Because of the emergency, I was rushed into three full days of teaching with no preperation, minimal briefing, and a smorgasbord of English students. Although about half my students were adults, this school specializes in the growing field of pre-school English education. Kind of like nipping a sprout to grow two stalks, the idea is to catch kids in their language developmental stage and barrage them with enough English so that it becomes a first language along with Japanese. It's a good indicator of how insane this country is about the idea of English that this has grown phenomenally popular in the past few years; so much so that Nova has been pushing the pre-school "Nova Kids" as hard as their adult classes.

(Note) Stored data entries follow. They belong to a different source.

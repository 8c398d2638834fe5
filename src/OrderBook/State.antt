-- ===== src/OrderBook/State.antt =====
-- The state of `OrderBook` (include/exsim/core/order_book.hpp), its constructor and accessors, and the
-- node pool with its free list and id index (src/order_book.cpp).
-- The code reads `nodes_`, `bids_` and `asks_` without a bounds check. Here a read out of range gives a
-- default value and a write out of range does nothing.
use exchange_and_feed_handle.Base.{
  ℕ, ◌+◌, ◌-◌, ◌/◌, ◌%◌, ◌^◌, Bool, false, not, ◌&&◌, ◌||◌, Option, none, some, List, [], ltb,
  if◌then◌else◌, get_or, set, replicate,
}
use exchange_and_feed_handle.Base.Int.{ℤ, pos, ◌+ℤ◌, ◌-ℤ◌, leb_ℤ, to_u64}
use exchange_and_feed_handle.Base.Map.{Map, lookup, contains as has_key}
use exchange_and_feed_handle.Base.Run.{Run, ok, throws, invalid_argument}
use exchange_and_feed_handle.Types.{Side, MdEvent, Trade, RejectReason, is_buy}
use exchange_and_feed_handle.OrderBook.Bitmap.{set_bit, bits_per_word}

pub record RestingOrderView : Type 0 where
  pub order_id : ℕ
  pub account_id : ℕ
  pub side : Side
  pub price : ℤ
  pub qty : ℕ

pub record MatchOutput : Type 0 where
  pub md_events : List MdEvent
  pub trades : List Trade
  pub remaining_qty : ℕ
  pub reject : RejectReason

pub record PriceLadderConfig : Type 0 where
  pub min_price : ℤ
  pub max_price : ℤ
  pub symbol_price_stride : ℤ
  pub symbol_price_modulo : ℕ

-- `kNull`
abbrev pub null : ℕ
null = 0xffff_ffff

pub record Node : Type 0 where
  pub order_id : ℕ
  pub account_id : ℕ
  pub side : Side
  pub price : ℤ
  pub qty : ℕ
  pub level_idx : ℕ
  pub prev : ℕ
  pub next : ℕ
  pub active : Bool

-- `Node{}`
abbrev pub empty_node : Node
empty_node = record {
  order_id = 0;
  account_id = 0;
  side = Side.buy;
  price = pos 0;
  qty = 0;
  level_idx = 0;
  prev = null;
  next = null;
  active = false;
}

pub record Level : Type 0 where
  pub head : ℕ
  pub tail : ℕ
  pub total_qty : ℕ
  pub count : ℕ

-- `Level{}`
abbrev pub empty_level : Level
empty_level = record { head = null; tail = null; total_qty = 0; count = 0 }

-- What the book keeps for one side: `bids_`, `bid_bitmap_`, `bid_level_count_` and `best_bid_idx_`,
-- or the four members for the asks.
pub record Half : Type 0 where
  pub levels : List Level
  pub bitmap : List ℕ
  pub level_count : ℕ
  pub best_idx : Option ℕ

-- The head of `free` is the back of the vector `free_`.
pub record OrderBook : Type 0 where
  pub symbol_id : ℕ
  pub min_price : ℤ
  pub max_price : ℤ
  pub level_count : ℕ
  pub nodes : List Node
  pub free : List ℕ
  pub index : Map ℕ
  pub bids : Half
  pub asks : Half

-- The constructor. `span` is computed in `uint64_t`.
unfoldable pub open_book : ℕ → PriceLadderConfig → Run OrderBook
open_book symbol_id ladder =
    if leb_ℤ min_price (pos 0) || not (leb_ℤ min_price max_price)
    then throws invalid_argument
    else if ltb 0xffff_ffff span
    then throws invalid_argument
    else ok (record {
      symbol_id = symbol_id;
      min_price = min_price;
      max_price = max_price;
      level_count = span;
      nodes = [];
      free = [];
      index = [];
      bids = empty_half;
      asks = empty_half;
    })
  where
    open ladder use {min_price, max_price}

    span : ℕ
    span = (to_u64 (max_price -ℤ min_price) + 1) % 2 ^ 64

    empty_half : Half
    empty_half = record {
      levels = replicate span empty_level;
      bitmap = replicate ((span + bits_per_word - 1) / bits_per_word) 0;
      level_count = 0;
      best_idx = none;
    }

unfoldable pub price_in_band : OrderBook → ℤ → Bool
price_in_band b price = leb_ℤ b.min_price price && leb_ℤ price b.max_price

unfoldable pub price_to_index : OrderBook → ℤ → ℕ
price_to_index b price = to_u64 (price -ℤ b.min_price) % 2 ^ 32

unfoldable pub index_to_price : OrderBook → ℕ → ℤ
index_to_price b idx = b.min_price +ℤ pos idx

-- `side == Side::Buy ? bids_ : asks_`, read and written.
abbrev pub half : OrderBook → Side → Half
half b side = if is_buy side then b.bids else b.asks

abbrev pub put_half : OrderBook → Side → Half → OrderBook
put_half b side h = if is_buy side then record b { bids = h } else record b { asks = h }

unfoldable pub level_for : OrderBook → Side → ℕ → Level
level_for b side idx = get_or (half b side).levels idx empty_level

-- A write through the reference that `level_for` returns.
unfoldable pub put_level : OrderBook → Side → ℕ → Level → OrderBook
put_level b side idx level =
    let h = half b side in put_half b side (record h { levels = set h.levels idx level })

-- `nodes_[idx]`
abbrev pub node : OrderBook → ℕ → Node
node b idx = get_or b.nodes idx empty_node

abbrev pub put_node : OrderBook → ℕ → Node → OrderBook
put_node b idx n = record b { nodes = set b.nodes idx n }

-- `best_bid_idx_` after a bid at `idx`, `best_ask_idx_` after an ask.
abbrev pub raise_best : Option ℕ → ℕ → Option ℕ
raise_best none idx = some idx
raise_best (some best) idx = if ltb best idx then some idx else some best

abbrev pub lower_best : Option ℕ → ℕ → Option ℕ
lower_best none idx = some idx
lower_best (some best) idx = if ltb idx best then some idx else some best

unfoldable pub set_occupied : OrderBook → Side → ℕ → OrderBook
set_occupied b side idx =
    let h = half b side in
    put_half b side (record h {
      bitmap = set_bit h.bitmap idx;
      best_idx = (if is_buy side then raise_best h.best_idx idx else lower_best h.best_idx idx);
    })

unfoldable pub contains : OrderBook → ℕ → Bool
contains b id = has_key id b.index

unfoldable pub find : OrderBook → ℕ → Option RestingOrderView
find b id = elim (lookup id b.index) [ none ↦ none | some idx ↦ view (node b idx) ]
  where
    view : Node → Option RestingOrderView
    view n =
        if not n.active
        then none
        else some (record {
          order_id = n.order_id;
          account_id = n.account_id;
          side = n.side;
          price = n.price;
          qty = n.qty;
        })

While I have a slew of stories about my lessons this week, writing about them would take a few more pages with neither of us wants to slog through, so I'll just say that this week I handled a four hour pre-school class of five by myself (we drew snowmen, read story books and learned how to ask how to go to the bathroom), taught adult students phrases like "laymans terms" and "summer blockbuster", and tricked a particularly shy five year old into speaking English through puppets. From next week I'll be on the less punishing schedule of one full day a week and occasional classes, but I've had a few really wonderful conversations with the two women who run the place and I think we'll get along just fine. They also hate the Nova rabbit.
Sunday, January 16, 2005
Subscribe to:
Post Comments (Atom)
2 comments:
Jamie: Great photo on your findateacher page. Also hate the rabbit. If all Japanese teenagers will be fluent in english in 15 years, what will happen to Japanese culture?
Dad
The only people who seriously worry about Japanese culture dissapearing are TV pundits and members of the Chrysanthemum Club. The Chrysanthemum Club has no dues, no applications or clubhouse, and membership is open to anyone not born or raised in Japan who fetishizes traditional Japan to the point of absurdity and go so far as to explain away Japanese war atrocities with "cultural relativity" and other such horseshit.
English is a vital and vibrant part of the culture, and despite the massive amount of English education, it is essentially a joyless affair. Not to say teaching kids isn't fun, but for the most part they are sent there by the so called "Kyoiku Mama": "Education Mom's" who believe in English as a status symbol and chance for advancement, not a means of communication.
Besides, Japanese is already thoroughly steeped in English but is no less Japanese for the wear, things are shortened and twisted around to make more sense. Jimi Hendrix here is "Jimi Hen" (hen means strange).
The English "My" is used everyday in Japanese in specific possessive contexts, the most common being "Mai homu" (My home) and "Mai kaa" (My car), but because it is so much shorter and easier to say that the direct Japanese equivalent (watashi no...) it is often used (although mostly jokingly) on Japanese nouns as well like "Mai hashi" (my chopsticks).
While the native Japanese language dealt with the initial major influx of the Chinese language over a millenia ago, it is now going through it's second radical overhaul with English. Which, ironically, is itself a much more bastardized language than Japanese, being all cobbled together from French, native British dialects, Norse, Greek, Latin... No matter where it's words come from, language comes from the people using it, and despite the English influx, it still isn't any easier to explain to a Japanese person why we don't start and end every meal with the same set phrases. You can use English words, but the sentiment is purely Japanese.